- Born: November 5, 1936 Longtown, South Carolina, US
- Died: 18 September 2025 (aged 88)
- Education: University of Connecticut
- Occupations: Human rights worker, civil rights advocate, civic leader
- Organization: NAACP
- Board member of: Backus Hospital Norwich Arts Center

= Lottie B. Scott =

American civic leader and civil rights advocate (1936–2025)

Lottie B. Scott (November 5, 1936 – September 18, 2025) was an American civic leader and civil rights advocate who was a past president and co-founder of the NAACP branch in Norwich, Connecticut.

== Life and education ==
Eldest of eight children, Scott was born to Joseph Bell Jr. and Estelle Stone Bell in 1936. Raised in poverty on a farm in Longtown, South Carolina, she grew up under the South's Jim Crow laws and experienced segregation and racial discrimination.
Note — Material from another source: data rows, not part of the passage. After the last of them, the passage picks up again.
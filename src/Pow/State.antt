-- ===== src/Pow/State.antt =====
-- `State` of src/pow/pow.go: the values that are computed once for a header, the value of its proof
-- of work, and the check of it. The hashes and the writers of the packages hashes, serialization
-- and consensushashing, and the compact form of a target, are those of HTND. `none` is a loop that
-- has not ended in the fuel.
use htn_stratum_bridge.Prelude.{
  ℕ, zero, suc, ◌+◌, ◌%◌, ◌^◌, Bool, false, not, ◌&&◌, ◌||◌, Option, none, some, List, [], ◌∷◌,
  ◌++◌, Bytes, nat_eq, ltb, leb, bytes_eq, ℤ, pos, leb_ℤ, if◌then◌else◌,
}
use htn_stratum_bridge.Share.Tally.{to_big}
use htn_stratum_bridge.Pow.Floats.{FloatOps}
use htn_stratum_bridge.Pow.Matrix.{
  generate_matrix, generate_hoohash_matrix, generate_hoohash_matrix_v110,
}
use htn_stratum_bridge.Pow.Multiply.{heavy_hash, hoohash_v1, hoohash_v101, hoohash_v110}

-- A `MutableBlockHeader`: the fields that the code reads or sets, and the rest of it.
pub record PowHeader (R : Type 0) : Type 0 where
  pub version : ℕ
  pub bits : ℕ
  pub time_in_milliseconds : ℤ
  pub nonce : ℕ
  pub rest : R

-- What the code calls of HTND.
pub record Htnd (R : Type 0) : Type 0 where
  pub compact_to_big : ℕ → ℤ
  pub header_hash : PowHeader R → Bytes
  pub write_int64 : ℤ → Bytes
  pub write_uint64 : ℕ → Bytes
  pub pow_hash : Bytes → Bytes
  pub blake3_hash : Bytes → Bytes
  pub heavy_hash_writer : Bytes → Bytes
  pub uint32_array : Bytes → List ℕ
  pub hash_from_string : Bytes → Option Bytes
  pub pow_integrity_min_version : ℕ

pub record State (F : Type 0) : Type 0 where
  pub mat : List (List ℕ)
  pub float_mat : List (List F)
  pub timestamp : ℤ
  pub nonce : ℕ
  pub target : ℤ
  pub prev_header : Bytes
  pub block_version : ℕ

abbrev pub zero_bytes : ℕ → Bytes
zero_bytes zero = []
zero_bytes (suc n) = 0 ∷ zero_bytes n

-- The zero value of `DomainHash`.
abbrev pub zero_hash : Bytes
zero_hash = zero_bytes 32

-- A `State` has two matrices, of which one is drawn.
abbrev pub plain {ℓ} : {A : Type ℓ} → Option (List (List ℕ)) → Option (List (List ℕ) × List A)
plain none = none
plain (some mat) = some (mat, [])

module _ {F : Type 0} (fl : FloatOps F) (fuel : ℕ) where
  -- The matrices, by the version of the block.
  unfoldable pub matrices : ℕ → Bytes → Option (List (List ℕ) × List (List F))
  matrices version hash =
      if nat_eq version 1
      then plain (generate_matrix fl fuel hash)
      else if nat_eq version 2
      then plain (generate_hoohash_matrix fl fuel hash)
      else if nat_eq version 3 || nat_eq version 4
      then plain (generate_matrix fl fuel hash)
      else if leb 5 version
      then some ([], generate_hoohash_matrix_v110 fl hash)
      else plain (generate_matrix fl fuel hash)

module _ {R : Type 0} (htnd : Htnd R) where
  -- The hash of the header with time and nonce set to zero, which are restored after it.
  unfoldable pub prev_hash : PowHeader R → PowHeader R × Bytes
  prev_hash header =
      let timestamp = header.time_in_milliseconds in
      let nonce = header.nonce in
      let zeroed = record header { time_in_milliseconds = pos 0; nonce = 0 } in
      let hash = htnd.header_hash zeroed in
      (record zeroed { time_in_milliseconds = timestamp; nonce = nonce }, hash)

  -- What is written before the first hash.
  unfoldable pub pow_input : {F : Type 0} → State F → Bytes
  pow_input s =
      s.prev_header ++ (htnd.write_int64 s.timestamp ++ (zero_hash ++ htnd.write_uint64 s.nonce))

module _ {F : Type 0} where
  unfoldable pub increment_nonce : State F → State F
  increment_nonce s = record s { nonce = (s.nonce + 1) % 2 ^ 64 }

  -- `powNum.Cmp(&state.Target) <= 0`
  abbrev pub is_below : State F → Bytes → Bool
  is_below s hash = leb_ℤ (pos (to_big hash)) s.target

module _ {R F : Type 0} (htnd : Htnd R) where
  -- `CheckProofOfWork`, by the text of the block's `PoWHash`.
  unfoldable pub check_hash : State F → Bytes → Bool → Bytes → Bool
  check_hash s stated skip hash =
      if ltb s.block_version htnd.pow_integrity_min_version
      then is_below s hash
      else if skip && leb htnd.pow_integrity_min_version s.block_version
      then is_below s hash
      else elim (htnd.hash_from_string stated) [
        | none ↦ false
        | some submitted ↦
            not (bytes_eq submitted zero_hash)
            && (nat_eq (to_big submitted) (to_big hash) && is_below s hash)
      ]

module _ {F R : Type 0} (fl : FloatOps F) (htnd : Htnd R) (fuel : ℕ) where
  -- `NewState`
  unfoldable pub new_state : PowHeader R → Option (State F)
  unfolding prev_hash
  new_state header =
      let (restored, hash) = prev_hash htnd header in
      elim (matrices fl fuel restored.version hash) [
        | none ↦ none
        | some (mat, float_mat) ↦ some (record {
          mat = mat;
          float_mat = float_mat;
          timestamp = restored.time_in_milliseconds;
          nonce = restored.nonce;
          target = htnd.compact_to_big header.bits;
          prev_header = hash;
          block_version = restored.version;
        })
      ]

  -- `CalculateProofOfWorkValue`: the hash; the value is `to_big` of it.
  unfoldable pub pow_value : State F → Option Bytes
  unfolding heavy_hash hoohash_v1 hoohash_v101 hoohash_v110
  pow_value s =
      let pyrinhash =
        some (heavy_hash htnd.heavy_hash_writer s.mat (htnd.pow_hash (pow_input htnd s))) in
      let hash = htnd.blake3_hash (pow_input htnd s) in
      if nat_eq s.block_version 1
      then pyrinhash
      else if nat_eq s.block_version 2
      then hoohash_v1 fl htnd.blake3_hash fuel s.mat hash
      else if nat_eq s.block_version 3 || nat_eq s.block_version 4
      then hoohash_v101 fl htnd.blake3_hash fuel s.mat hash
      else if leb 5 s.block_version
      then hoohash_v110 fl htnd.uint32_array htnd.blake3_hash fuel s.float_mat hash s.nonce
      else pyrinhash

  unfoldable pub check_proof_of_work : State F → Bytes → Bool → Option Bool
  unfolding check_hash
  check_proof_of_work s stated skip = elim (pow_value s) [
    | none ↦ none
    | some hash ↦ some (check_hash htnd s stated skip hash)
  ]

  -- `CheckProofOfWorkByBits`
  unfoldable pub check_by_bits : PowHeader R → Bytes → Bool → Option Bool
  unfolding check_proof_of_work
  check_by_bits header stated skip = elim (new_state header) [
    | none ↦ none
    | some s ↦ check_proof_of_work s stated skip
  ]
Leaving an unhappy marriage, she followed the example of her father and brother and moved with her son to Norwich, Connecticut, in 1957. Struggling to find employment as a single African American woman, she worked initially at a shoe factory and a hotel and then as a clerical typist at Norwich State Hospital. Circa 1970 she became a community resource worker for the Connecticut Commission on Human Rights and Opportunities. She retired as a regional manager 22 years later in 1992.

While working full-time at the human rights commission, Scott earned an associate degree at Three Rivers Community College and went on to earn a Bachelor of General Studies degree from the University of Connecticut in 1986.

== Public service ==
Scott was a founding member of the Norwich Branch of the NAACP in 1963; by the 1970s, she was president. She established an NAACP job bank program in 1973, helping hundreds of African American residents gain employment. Scott's leadership was instrumental in improving race relations at the Norwich Free Academy during the 1970s. Concurrent with her civil rights advocacy, she was a founding member of the Connecticut Civil Liberties Union.

Scott was a past president and founding member of the Norwich Arts Center. She was a lifetime member of the NAACP and the Norwich Historical Society and a member of the Rotary Club of Norwich for more than 20 years. She has served on several city commissions, including the City of Norwich Ellis Walter Ruley Committee, the Norwich Sachem Fund, and the Norwich Disabilities Committee. In addition, Scott has served on numerous local nonprofit boards, chairing the board of Backus Hospital and serving on The Bulletin newspaper's diversity committee and the Otis Library's board of directors.

== Awards ==
Scott has received numerous awards and honors. She received the University of Connecticut's Presidential Humanitarian Award, the NAACP Connecticut State Conference's W.E.B. Du Bois Lifetime Achievement Award in 2000, and the Eastern Chamber of Commerce's Citizen of the Year Award in 1994. In 2017, Scott received the Willard M. McRae Community Diversity Award from the Liberty Bank Foundation and a Humanitarian ACE (Arts, Community and Excellence) Award from Writer's Block Ink. In 2013, she was the inaugural recipient of the eponymous Lottie B. Scott Community Diversity Award, issued by the Rotary Club of Norwich. She has been honored as a Trailblazer by the New London National Council of Negro Women and received the Pioneer Award from the Robertsine Duncan Youth Council. In 2014, the Norwich Arts Center branded its inaugural jazz concert series "Miss Lottie's Jazz Cafe."

US Senator Chris Dodd paid tribute to Scott in an address on the United States Senate floor on April 21, 1994. In his remarks, Dodd recognized her as "a Connecticut treasure" who "helped shape the social, cultural, and political agenda of an entire community."

Scott's home is a stop on Norwich's Freedom Trail.

== Legacy ==
In 2018 Scott self-published her memoir Deep South–Deep North: A Family’s Journey, an account of her childhood experiences with poverty and racism and of her family's journey in the Great Migration. In 2021, she donated her papers to the UConn Library's Archives and Special Collections. Her collection includes hundreds of binders, scrapbooks, letters, photos, clippings, and meeting minutes dating from the 1960s through the early 2010s.

==Death==
Scott died on September 18, 2025, at the age of 88.